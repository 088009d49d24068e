-- ===== src/Merkle/Peaks.antt =====
-- The stack of `MerkleRootCalculator` and of `MerkleTree` (fuel-merkle/src/binary): its nodes are
-- the roots of perfect trees over the leaves, higher ones first.
use native.Mathlib.Nat.{mul-le-mul_right, pow-suc, pow-le-pow_right}
use mathlib.Core.List.{append_assoc}
use fuel_vm.Prelude.{
  ℕ, suc, ◌+◌, ◌*◌, ◌/◌, ◌^◌, ◌≤◌, ◌<◌, ◌≡◌, refl, sym, ap, ◌∙◌, subst, true, false, List, [], ◌∷◌,
  ◌++◌, length, length-append, arith, tests, ◌==◌, ==_iff, ltb, word_max, Bool-cases, inl, inr,
}
use fuel_vm.Outcome.{ok}
use fuel_vm.Merkle.{Digest, Node, PushResult, create_node, propagate, join}
use fuel_vm.Merkle.Position.{
  node_at, height, parent, found, height-node_at, parent-node_at, node_at-eq,
}
use fuel_vm.Merkle.Reference.{Mth, node}

-- More leaves than any memory holds
abbrev pub max_leaves : ℕ
max_leaves = 2 ^ 62

-- A power within the limit has an exponent within it.
exponent-bound : (k : ℕ) → 2 ^ k ≤ max_leaves → k ≤ 62
exponent-bound k h = elim (Bool-cases (ltb 62 k)) [
  | inl p ↦
      absurd (omega (arith, pow-le-pow_right {n = 2} (omega arith) {i = 63} {j = k} (omega tests)))
  | inr p ↦ omega tests
]

-- The place of a node that starts at a leaf within the limit fits a word.
node_at-bound :
    (k q n : ℕ) → q * 2 ^ k ≤ n → n + 2 ^ k ≤ max_leaves → node_at (suc k) (q / 2) ≤ word_max
node_at-bound k q n l b = omega (
  arith,
  node_at-eq (suc k) (q / 2),
  pow-suc 2 k,
  ap (λ (t : ℕ). q / 2 * t) (pow-suc 2 (suc k)),
  ap (λ (t : ℕ). q / 2 * t) (pow-suc 2 k),
  mul-le-mul_right {m = q / 2 * 2} {n = q} (2 ^ k) (omega arith),
)

same_power : (k k' : ℕ) → (k == k') ≡ true → 2 ^ k ≡ 2 ^ k'
same_power k k' t = ap (λ (n : ℕ). 2 ^ n) ((==_iff k k').0 t)

higher : (k k' : ℕ) → k ≤ k' → (k == k') ≡ false → suc k ≤ k'
higher k k' = ground arith

half_bound : (k q n : ℕ) → q * 2 ^ k ≤ n → q / 2 * 2 ^ suc k ≤ n
half_bound k q n l = omega (
  arith,
  ap (λ (t : ℕ). q / 2 * t) (pow-suc 2 k),
  mul-le-mul_right {m = q / 2 * 2} {n = q} (2 ^ k) (omega arith),
)

pub power_pos : (k : ℕ) → 0 < 2 ^ k
power_pos k = pow-le-pow_right {n = 2} (omega arith) {i = 0} {j = k} (omega arith)

module _ (sha256 : List ℕ → Digest) where
  -- A stack with its last node first, all of at least height `h`, over a list of leaf hashes
  pub data Peaks : ℕ → List Node → List Digest → Type 0 where
    bottom : (h : ℕ) → Peaks h [] []
    peak :
        (k q : ℕ) {h : ℕ} {x : Node} {stack : List Node} {front segment all : List Digest}
        → h ≤ k
        → x.position ≡ node_at k q
        → q * 2 ^ k ≤ length front
        → all ≡ front ++ segment
        → length segment ≡ 2 ^ k
        → Mth sha256 segment x.hash
        → Peaks (suc k) stack front
        → Peaks h (x ∷ stack) all

  Peaks-weaken :
      {h k : ℕ} {stack : List Node} {all : List Digest}
      → h ≤ k
      → Peaks k stack all
      → Peaks h stack all
  Peaks-weaken l (bottom k) = bottom _
  Peaks-weaken l (peak k q b p s e n m rest) = peak k q (omega arith) p s e n m rest

  -- A push that came to its end, over the given leaves
  pub record IsPushed {ℓ} {S : Type ℓ} (pushed : PushResult S) (all : List Digest) : Type 0 where
    pub complete : pushed.complete ≡ true
    pub peaks : Peaks 0 pushed.stack all

  -- What the numbers of a node's tree say about its parent
  parent-peak :
      (k q n m : ℕ) {position : ℕ}
      → position ≡ node_at k q
      → q * 2 ^ k ≤ n
      → n + 2 ^ k ≤ m
      → m ≤ max_leaves
      → parent position ≡ found (node_at (suc k) (q / 2))
  parent-peak k q n m p l s b =
      ap parent p
      ∙ parent-node_at k q (omega (arith, exponent-bound k (omega arith)))
          (node_at-bound k q n l (omega arith))

  length-append₂ :
      {all both : List Digest} (front lhs rhs : List Digest)
      → all ≡ both ++ rhs
      → both ≡ front ++ lhs
      → length all ≡ length front + length lhs + length rhs
  length-append₂ {both = both} front lhs rhs e f =
      ap length e
      ∙ length-append both rhs
      ∙ ap (λ (t : List Digest). length t + length rhs) f
      ∙ ap (λ (t : ℕ). t + length rhs) (length-append front lhs)

  append-merged :
      {all both : List Digest} (front lhs rhs : List Digest)
      → all ≡ both ++ rhs
      → both ≡ front ++ lhs
      → all ≡ front ++ (lhs ++ rhs)
  append-merged front lhs rhs e f =
      e ∙ ap (λ (t : List Digest). t ++ rhs) f ∙ append_assoc front lhs rhs

  join-step :
      (right_child left_child : Node) (stack : List Node) (position : ℕ)
      → parent left_child.position ≡ found position
      → join sha256 right_child (left_child ∷ stack)
        ≡ join sha256 (create_node sha256 position left_child right_child) stack
  unfolding join
  join-step right_child left_child stack position e = rw (join, e) refl

  propagate-join {ℓ} :
      {S : Type ℓ} (node_created : Node → S → S) (store : S) (rhs lhs : Node) (rest : List Node)
      (position : ℕ)
      → (height rhs.position == height lhs.position) ≡ true
      → parent lhs.position ≡ found position
      → propagate sha256 node_created store rhs (lhs ∷ rest)
        ≡ propagate sha256 node_created
            (node_created (create_node sha256 position lhs rhs) store)
            (create_node sha256 position lhs rhs)
            rest
  unfolding propagate
  propagate-join node_created store rhs lhs rest position t e = rw (propagate, t, e) refl

  propagate-stop {ℓ} :
      {S : Type ℓ} (node_created : Node → S → S) (store : S) (rhs lhs : Node) (rest : List Node)
      → (height rhs.position == height lhs.position) ≡ false
      → propagate sha256 node_created store rhs (lhs ∷ rest)
        ≡ record { complete = true; stack = rhs ∷ lhs ∷ rest; store = store }
  unfolding propagate
  propagate-stop node_created store rhs lhs rest f = rw (propagate, f) refl

  -- Joining goes up the stack, with the tree of all leaves after the rest of the stack.
  pub join-Mth :
      {h : ℕ} {stack : List Node} {front segment all : List Digest} (right_child : Node)
      → Peaks h stack front
      → all ≡ front ++ segment
      → 0 < length segment
      → length segment ≤ 2 ^ h
      → length all ≤ max_leaves
      → Mth sha256 segment right_child.hash
      → (hash : Digest) × (join sha256 right_child stack ≡ ok hash) × Mth sha256 all hash
  unfolding join create_node
  join-Mth right_child (bottom h) e z l b m =
      (right_child.hash, refl, subst (λ t. Mth sha256 t right_child.hash) (sym e) m)
  join-Mth {h} {segment = last} {all} right_child
        (peak k q {x = x} {front = front} {segment = segment} a p s e' n m' rest) e z l b m =
      rw
        (join-step right_child x _ (node_at (suc k) (q / 2)) (
          parent-peak k q (length front) (length all) p s
            (omega (arith, length-append₂ front segment last e e')) b))
        (join-Mth (create_node sha256 (node_at (suc k) (q / 2)) x right_child) rest
          (append-merged front segment last e e') (omega (arith, length-append segment last))
          (omega (
            arith,
            length-append segment last,
            pow-suc 2 k,
            pow-le-pow_right {n = 2} (omega arith) {i = h} {j = k} a,
          ))
          b
          (node k refl n z (omega (arith, pow-le-pow_right {n = 2} (omega arith) {i = h} {j = k} a))
            m' m))

  same_height :
      (k k' q q' : ℕ) {left_position right_position : ℕ}
      → right_position ≡ node_at k q
      → left_position ≡ node_at k' q'
      → 2 ^ k ≤ max_leaves
      → 2 ^ k' ≤ max_leaves
      → (height right_position == height left_position) ≡ (k == k')
  same_height k k' q q' p p' b b' =
      rw
        (
          p,
          p',
          height-node_at k q (omega (arith, exponent-bound k b)),
          height-node_at k' q' (omega (arith, exponent-bound k' b')),
        )
        refl

  -- A push whose new node is a perfect tree after the leaves of the stack
  pub propagate-IsPushed {ℓ} :
      {S : Type ℓ} {stack : List Node} {front segment all : List Digest}
      (node_created : Node → S → S) (store : S) (k q : ℕ) (rhs : Node)
      → Peaks k stack front
      → rhs.position ≡ node_at k q
      → q * 2 ^ k ≤ length front
      → all ≡ front ++ segment
      → length segment ≡ 2 ^ k
      → length all ≤ max_leaves
      → Mth sha256 segment rhs.hash
      → IsPushed (propagate sha256 node_created store rhs stack) all
  unfolding propagate create_node
  propagate-IsPushed node_created store k q rhs (bottom h) p s e n b m = record {
    complete = refl;
    peaks = peak k q (omega arith) p s e n m (bottom (suc k));
  }
  propagate-IsPushed {segment = last} {all} node_created store k q rhs
        (peak k' q' {x = x} {stack = rest} {front = front} {segment = segment} a p' s' e' n' m'
          peaks)
        p s e n b m =
      elim (Bool-cases (k == k')) [
        | inl t ↦
            rw
              (propagate-join node_created store rhs x rest (node_at (suc k') (q' / 2))
                (same_height k k' q q' p p' (omega (arith, length-append₂ front segment last e e'))
                    (omega (arith, length-append₂ front segment last e e'))
                  ∙ t)
                (parent-peak k' q' (length front) (length all) p' s'
                  (omega (arith, length-append₂ front segment last e e')) b))
              (propagate-IsPushed node_created
                (node_created (create_node sha256 (node_at (suc k') (q' / 2)) x rhs) store) (suc k')
                (q' / 2) (create_node sha256 (node_at (suc k') (q' / 2)) x rhs) peaks refl
                (half_bound k' q' (length front) s') (append-merged front segment last e e')
                (omega (arith, length-append segment last, pow-suc 2 k', same_power k k' t)) b
                (node k' refl n' (omega (arith, power_pos k)) (omega (arith, same_power k k' t)) m'
                  m))
        | inr f ↦
            rw
              (propagate-stop node_created store rhs x rest (
                same_height k k' q q' p p' (omega (arith, length-append₂ front segment last e e'))
                  (omega (arith, length-append₂ front segment last e e'))
                ∙ f))
              (record {
                complete = refl;
                peaks =
                    peak k q (omega arith) p s e n m
                      (peak k' q' (higher k k' a f) p' s' e' n' m' peaks);
              })
      ]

→ What to work on
Among the lines above, find those with the string "higher" and copy them.

→ Task answer
-- the roots of perfect trees over the leaves, higher ones first.
higher : (k k' : ℕ) → k ≤ k' → (k == k') ≡ false → suc k ≤ k'
higher k k' = ground arith
                      (peak k' q' (higher k k' a f) p' s' e' n' m' peaks);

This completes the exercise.